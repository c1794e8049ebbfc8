-- ===== src/Kernel/Buddy/Sizes.antt =====
-- `align`, and the size that `genericAllocMemory` looks for.
use Prim.Native.Nat.{max, digits, bit_or, bit_or-bitwise}
use native.Mathlib.Numerals.{unary_clauses}
use tp_so.Base.{
  ℕ, zero, suc, ◌*◌, ◌/◌, ◌%◌, ◌^◌, ◌≤◌, ◌<◌, ◌≡◌, arith, ltb, if◌then◌else◌, false, inl, inr,
  Bool-cases, sym, ap, ◌∙◌, dec_lt,
}
use tp_so.Kernel.Buddy.{align, or_shifted, is_power_of_2, block_size_for, block}

-- `bit_or` sets no bit that neither of its arguments has, and unsets none.
abbrev or_digits : ℕ → ℕ → ℕ → ℕ
or_digits n a b = digits (λ b. b) max n a b

le-or_digits : (n a b : ℕ) → a ≤ n → a ≤ or_digits n a b
le-or_digits zero a b h = omega arith
le-or_digits (suc n) zero b h = omega arith
le-or_digits (suc n) (suc a) b h = omega (arith, le-or_digits n (suc a / 2) (b / 2) (omega arith))

or_digits-lt : (k n a b : ℕ) → a < 2 ^ k → b < 2 ^ k → or_digits n a b < 2 ^ k
or_digits-lt k zero a b h i = i
or_digits-lt k (suc n) zero b h i = i
or_digits-lt zero (suc n) (suc a) b h i = absurd (omega arith)
or_digits-lt (suc k) (suc n) (suc a) b h i =
    let two : 2 ^ suc k ≡ 2 * 2 ^ k = simp unary_clauses (omega arith) in
    omega (arith, two, or_digits-lt k n (suc a / 2) (b / 2) (omega arith) (omega arith))

le-bit_or : (a b : ℕ) → a ≤ bit_or a b
le-bit_or a b = simp bit_or-bitwise (le-or_digits a a b (omega arith))

bit_or-lt : (k a b : ℕ) → a < 2 ^ k → b < 2 ^ k → bit_or a b < 2 ^ k
bit_or-lt k a b h i = simp bit_or-bitwise (or_digits-lt k a a b h i)

-- One line of `align`.
abbrev Between : ℕ → ℕ → Type 0
Between size x = (size ≤ x) × (x < 2 ^ 31)

or_shifted-Between : (size k x : ℕ) → x / 2 ^ k ≤ x → Between size x → Between size (or_shifted x k)
or_shifted-Between size k x less h = (
  omega (arith, le-bit_or x (x / 2 ^ k), h.0),
  bit_or-lt 31 x (x / 2 ^ k) h.1 (omega (arith, h.1)),
)

align-Between : (size : ℕ) → size < 2 ^ 31 → (size < align size) × (align size ≤ 2 ^ 31)
unfolding align
align-Between size h =
    let h1 = or_shifted-Between size 1 size (omega arith) (omega arith, h) in
    let h2 = or_shifted-Between size 2 (or_shifted size 1) (omega arith) h1 in
    let h3 = or_shifted-Between size 4 (or_shifted (or_shifted size 1) 2) (omega arith) h2 in
    let h4 =
      or_shifted-Between size 8 (or_shifted (or_shifted (or_shifted size 1) 2) 4) (omega arith)
        h3 in
    let h5 =
      or_shifted-Between size 16 (or_shifted (or_shifted (or_shifted (or_shifted size 1) 2) 4) 8)
        (omega arith) h4 in
    (omega (arith, h5.0, h5.1), omega (arith, h5.0, h5.1))

below-top : (x : ℕ) → x ≤ 2 ^ 31 → is_power_of_2 x ≡ false → x < 2 ^ 31
below-top x h e = elim (dec_lt x (2 ^ 31)) [
  | yes p ↦ p
  | no q ↦
      let top : x ≡ 2 ^ 31 = omega (arith, h, q) in
      let power : is_power_of_2 (2 ^ 31) ≡ false = ap is_power_of_2 (sym top) ∙ e in cc
]

aligned :
    (x : ℕ)
    → x ≤ 2 ^ 31
    → let y = (if is_power_of_2 x then x else align x) % 2 ^ 32 in (x ≤ y) × (y ≤ 2 ^ 31)
aligned x h = elim (Bool-cases (is_power_of_2 x)) [
  | inl e ↦ rw e (omega arith, omega arith)
  | inr e ↦
      let a = align-Between x (below-top x h e) in
      rw e (omega (arith, a.0, a.1), omega (arith, a.0, a.1))
]

-- The size that is looked for is not smaller than what is asked for, nor than a page.
pub block_size_for-Between :
    (size : ℕ)
    → size ≤ 2 ^ 31
    → (size ≤ block_size_for size) × (block ≤ block_size_for size) × (block_size_for size ≤ 2 ^ 31)
unfolding block_size_for
block_size_for-Between size h =
    let least = (if ltb size block then block else size) in
    let a = aligned least (ground arith) in (ground (arith, a.0), ground (arith, a.0), a.1)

▶ [AIM OF THE EXERCISE]:
Each line from the beginning of the entries to the line with "or_shifted-Between : (size" must be repeated exactly, with both end lines kept and no other lines given.

▶ [OUTPUT OF THE EXERCISE]:
repository c1794e8049ebbfc8
-- ===== src/Kernel/Buddy/Sizes.antt =====
-- `align`, and the size that `genericAllocMemory` looks for.
use Prim.Native.Nat.{max, digits, bit_or, bit_or-bitwise}
use native.Mathlib.Numerals.{unary_clauses}
use tp_so.Base.{
  ℕ, zero, suc, ◌*◌, ◌/◌, ◌%◌, ◌^◌, ◌≤◌, ◌<◌, ◌≡◌, arith, ltb, if◌then◌else◌, false, inl, inr,
  Bool-cases, sym, ap, ◌∙◌, dec_lt,
}
use tp_so.Kernel.Buddy.{align, or_shifted, is_power_of_2, block_size_for, block}

-- `bit_or` sets no bit that neither of its arguments has, and unsets none.
abbrev or_digits : ℕ → ℕ → ℕ → ℕ
or_digits n a b = digits (λ b. b) max n a b

le-or_digits : (n a b : ℕ) → a ≤ n → a ≤ or_digits n a b
le-or_digits zero a b h = omega arith
le-or_digits (suc n) zero b h = omega arith
le-or_digits (suc n) (suc a) b h = omega (arith, le-or_digits n (suc a / 2) (b / 2) (omega arith))

or_digits-lt : (k n a b : ℕ) → a < 2 ^ k → b < 2 ^ k → or_digits n a b < 2 ^ k
or_digits-lt k zero a b h i = i
or_digits-lt k (suc n) zero b h i = i
or_digits-lt zero (suc n) (suc a) b h i = absurd (omega arith)
or_digits-lt (suc k) (suc n) (suc a) b h i =
    let two : 2 ^ suc k ≡ 2 * 2 ^ k = simp unary_clauses (omega arith) in
    omega (arith, two, or_digits-lt k n (suc a / 2) (b / 2) (omega arith) (omega arith))

le-bit_or : (a b : ℕ) → a ≤ bit_or a b
le-bit_or a b = simp bit_or-bitwise (le-or_digits a a b (omega arith))

bit_or-lt : (k a b : ℕ) → a < 2 ^ k → b < 2 ^ k → bit_or a b < 2 ^ k
bit_or-lt k a b h i = simp bit_or-bitwise (or_digits-lt k a a b h i)

-- One line of `align`.
abbrev Between : ℕ → ℕ → Type 0
Between size x = (size ≤ x) × (x < 2 ^ 31)

or_shifted-Between : (size k x : ℕ) → x / 2 ^ k ≤ x → Between size x → Between size (or_shifted x k)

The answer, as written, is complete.